§ **What is needed**
Within the material below, locate the line with "unfoldable pub cut_prefix" and the line with "split_once [] sep = none", then return those two lines and all lines between them, exactly as written.

§ **Source information**
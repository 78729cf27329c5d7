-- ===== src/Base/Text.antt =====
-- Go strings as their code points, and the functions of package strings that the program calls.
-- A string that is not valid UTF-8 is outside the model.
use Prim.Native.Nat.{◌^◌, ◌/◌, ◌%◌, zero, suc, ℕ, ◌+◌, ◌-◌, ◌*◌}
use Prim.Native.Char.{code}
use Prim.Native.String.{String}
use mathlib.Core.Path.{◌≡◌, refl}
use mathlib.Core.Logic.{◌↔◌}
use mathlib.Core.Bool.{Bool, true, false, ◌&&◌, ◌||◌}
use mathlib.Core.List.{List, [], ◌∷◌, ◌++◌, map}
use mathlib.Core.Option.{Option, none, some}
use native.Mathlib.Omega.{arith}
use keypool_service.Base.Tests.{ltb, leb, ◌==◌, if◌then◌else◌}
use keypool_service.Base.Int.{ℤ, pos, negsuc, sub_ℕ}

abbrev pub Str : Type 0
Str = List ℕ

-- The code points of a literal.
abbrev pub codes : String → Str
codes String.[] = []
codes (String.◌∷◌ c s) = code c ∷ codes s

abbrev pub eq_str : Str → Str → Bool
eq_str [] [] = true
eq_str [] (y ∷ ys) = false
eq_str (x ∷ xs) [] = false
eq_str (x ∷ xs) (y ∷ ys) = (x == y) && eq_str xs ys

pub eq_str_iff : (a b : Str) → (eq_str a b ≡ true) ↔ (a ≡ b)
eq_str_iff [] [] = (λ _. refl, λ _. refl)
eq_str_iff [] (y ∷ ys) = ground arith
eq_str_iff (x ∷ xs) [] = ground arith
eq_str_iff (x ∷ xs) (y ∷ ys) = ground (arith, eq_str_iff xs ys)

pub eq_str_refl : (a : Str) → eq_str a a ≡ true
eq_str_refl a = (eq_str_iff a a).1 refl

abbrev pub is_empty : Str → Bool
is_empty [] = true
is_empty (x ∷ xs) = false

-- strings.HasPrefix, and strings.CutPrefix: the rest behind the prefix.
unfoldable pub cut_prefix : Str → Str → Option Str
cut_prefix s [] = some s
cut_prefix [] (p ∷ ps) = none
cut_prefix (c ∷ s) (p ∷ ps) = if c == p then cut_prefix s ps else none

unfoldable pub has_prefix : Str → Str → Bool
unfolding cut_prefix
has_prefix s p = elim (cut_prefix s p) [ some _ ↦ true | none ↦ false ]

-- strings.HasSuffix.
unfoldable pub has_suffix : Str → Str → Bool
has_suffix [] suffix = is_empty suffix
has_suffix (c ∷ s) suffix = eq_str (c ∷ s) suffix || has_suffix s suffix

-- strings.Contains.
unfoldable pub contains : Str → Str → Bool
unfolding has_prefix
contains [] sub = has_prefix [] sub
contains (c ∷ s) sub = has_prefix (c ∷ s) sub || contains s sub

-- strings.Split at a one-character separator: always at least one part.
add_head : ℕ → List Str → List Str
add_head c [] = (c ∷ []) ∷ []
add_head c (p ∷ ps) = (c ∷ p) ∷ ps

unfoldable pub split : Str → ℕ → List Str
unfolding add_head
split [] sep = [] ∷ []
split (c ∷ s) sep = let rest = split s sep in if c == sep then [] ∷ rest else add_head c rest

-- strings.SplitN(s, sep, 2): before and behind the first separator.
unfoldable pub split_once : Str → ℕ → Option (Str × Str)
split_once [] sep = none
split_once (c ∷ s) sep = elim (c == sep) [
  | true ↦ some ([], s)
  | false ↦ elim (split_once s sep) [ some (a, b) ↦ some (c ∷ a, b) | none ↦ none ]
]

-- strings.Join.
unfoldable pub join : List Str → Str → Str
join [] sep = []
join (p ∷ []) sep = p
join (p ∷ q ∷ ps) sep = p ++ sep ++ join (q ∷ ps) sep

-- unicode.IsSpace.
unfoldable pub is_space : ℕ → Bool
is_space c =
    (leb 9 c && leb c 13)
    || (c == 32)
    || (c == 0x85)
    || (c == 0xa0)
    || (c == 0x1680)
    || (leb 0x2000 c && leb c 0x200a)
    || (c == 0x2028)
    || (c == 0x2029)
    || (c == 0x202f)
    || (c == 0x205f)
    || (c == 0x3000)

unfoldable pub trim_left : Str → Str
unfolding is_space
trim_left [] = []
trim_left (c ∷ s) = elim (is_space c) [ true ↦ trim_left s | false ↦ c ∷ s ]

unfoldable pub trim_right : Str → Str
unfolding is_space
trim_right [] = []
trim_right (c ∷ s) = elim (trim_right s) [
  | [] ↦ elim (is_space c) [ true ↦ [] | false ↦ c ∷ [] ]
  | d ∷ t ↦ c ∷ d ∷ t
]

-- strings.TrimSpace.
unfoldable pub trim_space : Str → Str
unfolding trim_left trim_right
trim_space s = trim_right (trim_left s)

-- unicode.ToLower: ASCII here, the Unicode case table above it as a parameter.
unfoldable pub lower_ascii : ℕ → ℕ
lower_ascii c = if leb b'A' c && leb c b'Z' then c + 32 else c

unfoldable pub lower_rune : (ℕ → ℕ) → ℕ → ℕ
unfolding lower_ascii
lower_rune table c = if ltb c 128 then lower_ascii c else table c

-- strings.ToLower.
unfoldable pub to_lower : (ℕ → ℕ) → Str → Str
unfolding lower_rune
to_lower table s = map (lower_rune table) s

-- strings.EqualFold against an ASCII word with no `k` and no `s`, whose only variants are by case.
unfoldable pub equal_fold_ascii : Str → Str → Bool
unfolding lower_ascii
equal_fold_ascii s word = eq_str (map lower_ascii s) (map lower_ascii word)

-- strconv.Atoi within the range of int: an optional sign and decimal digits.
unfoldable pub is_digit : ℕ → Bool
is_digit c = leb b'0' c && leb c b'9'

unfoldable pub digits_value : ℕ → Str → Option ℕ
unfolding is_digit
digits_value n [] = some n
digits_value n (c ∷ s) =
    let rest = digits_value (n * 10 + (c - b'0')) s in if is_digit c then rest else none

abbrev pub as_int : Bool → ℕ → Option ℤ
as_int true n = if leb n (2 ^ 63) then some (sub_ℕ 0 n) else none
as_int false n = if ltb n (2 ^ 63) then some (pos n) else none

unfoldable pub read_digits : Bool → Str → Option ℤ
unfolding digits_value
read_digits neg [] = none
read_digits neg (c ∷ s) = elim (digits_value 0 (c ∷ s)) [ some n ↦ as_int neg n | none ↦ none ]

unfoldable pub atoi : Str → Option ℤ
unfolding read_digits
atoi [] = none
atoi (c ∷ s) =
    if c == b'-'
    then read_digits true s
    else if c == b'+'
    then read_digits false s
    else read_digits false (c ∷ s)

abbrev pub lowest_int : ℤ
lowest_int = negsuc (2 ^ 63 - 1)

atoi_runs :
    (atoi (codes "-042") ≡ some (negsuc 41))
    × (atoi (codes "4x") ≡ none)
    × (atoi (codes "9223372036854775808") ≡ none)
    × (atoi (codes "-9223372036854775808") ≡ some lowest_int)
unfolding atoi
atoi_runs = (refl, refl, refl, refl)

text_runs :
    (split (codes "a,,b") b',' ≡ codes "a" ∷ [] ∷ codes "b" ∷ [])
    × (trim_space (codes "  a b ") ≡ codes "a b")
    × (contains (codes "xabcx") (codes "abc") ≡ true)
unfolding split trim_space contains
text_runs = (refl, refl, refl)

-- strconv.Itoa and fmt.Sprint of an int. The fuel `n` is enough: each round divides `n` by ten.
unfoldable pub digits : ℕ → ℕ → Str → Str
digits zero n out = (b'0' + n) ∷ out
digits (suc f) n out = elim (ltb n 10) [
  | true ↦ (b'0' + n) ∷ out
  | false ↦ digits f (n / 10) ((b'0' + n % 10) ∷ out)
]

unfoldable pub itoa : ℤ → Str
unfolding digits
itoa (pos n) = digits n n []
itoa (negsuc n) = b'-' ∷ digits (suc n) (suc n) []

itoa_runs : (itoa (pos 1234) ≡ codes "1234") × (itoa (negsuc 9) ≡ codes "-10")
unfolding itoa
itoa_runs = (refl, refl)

§ **Exercise result**
unfoldable pub cut_prefix : Str → Str → Option Str
cut_prefix s [] = some s
cut_prefix [] (p ∷ ps) = none
cut_prefix (c ∷ s) (p ∷ ps) = if c == p then cut_prefix s ps else none

unfoldable pub has_prefix : Str → Str → Bool
unfolding cut_prefix
has_prefix s p = elim (cut_prefix s p) [ some _ ↦ true | none ↦ false ]

-- strings.HasSuffix.
unfoldable pub has_suffix : Str → Str → Bool
has_suffix [] suffix = is_empty suffix
has_suffix (c ∷ s) suffix = eq_str (c ∷ s) suffix || has_suffix s suffix

-- strings.Contains.
unfoldable pub contains : Str → Str → Bool
unfolding has_prefix
contains [] sub = has_prefix [] sub
contains (c ∷ s) sub = has_prefix (c ∷ s) sub || contains s sub

-- strings.Split at a one-character separator: always at least one part.
add_head : ℕ → List Str → List Str
add_head c [] = (c ∷ []) ∷ []
add_head c (p ∷ ps) = (c ∷ p) ∷ ps

unfoldable pub split : Str → ℕ → List Str
unfolding add_head
split [] sep = [] ∷ []
split (c ∷ s) sep = let rest = split s sep in if c == sep then [] ∷ rest else add_head c rest

-- strings.SplitN(s, sep, 2): before and behind the first separator.
unfoldable pub split_once : Str → ℕ → Option (Str × Str)
split_once [] sep = none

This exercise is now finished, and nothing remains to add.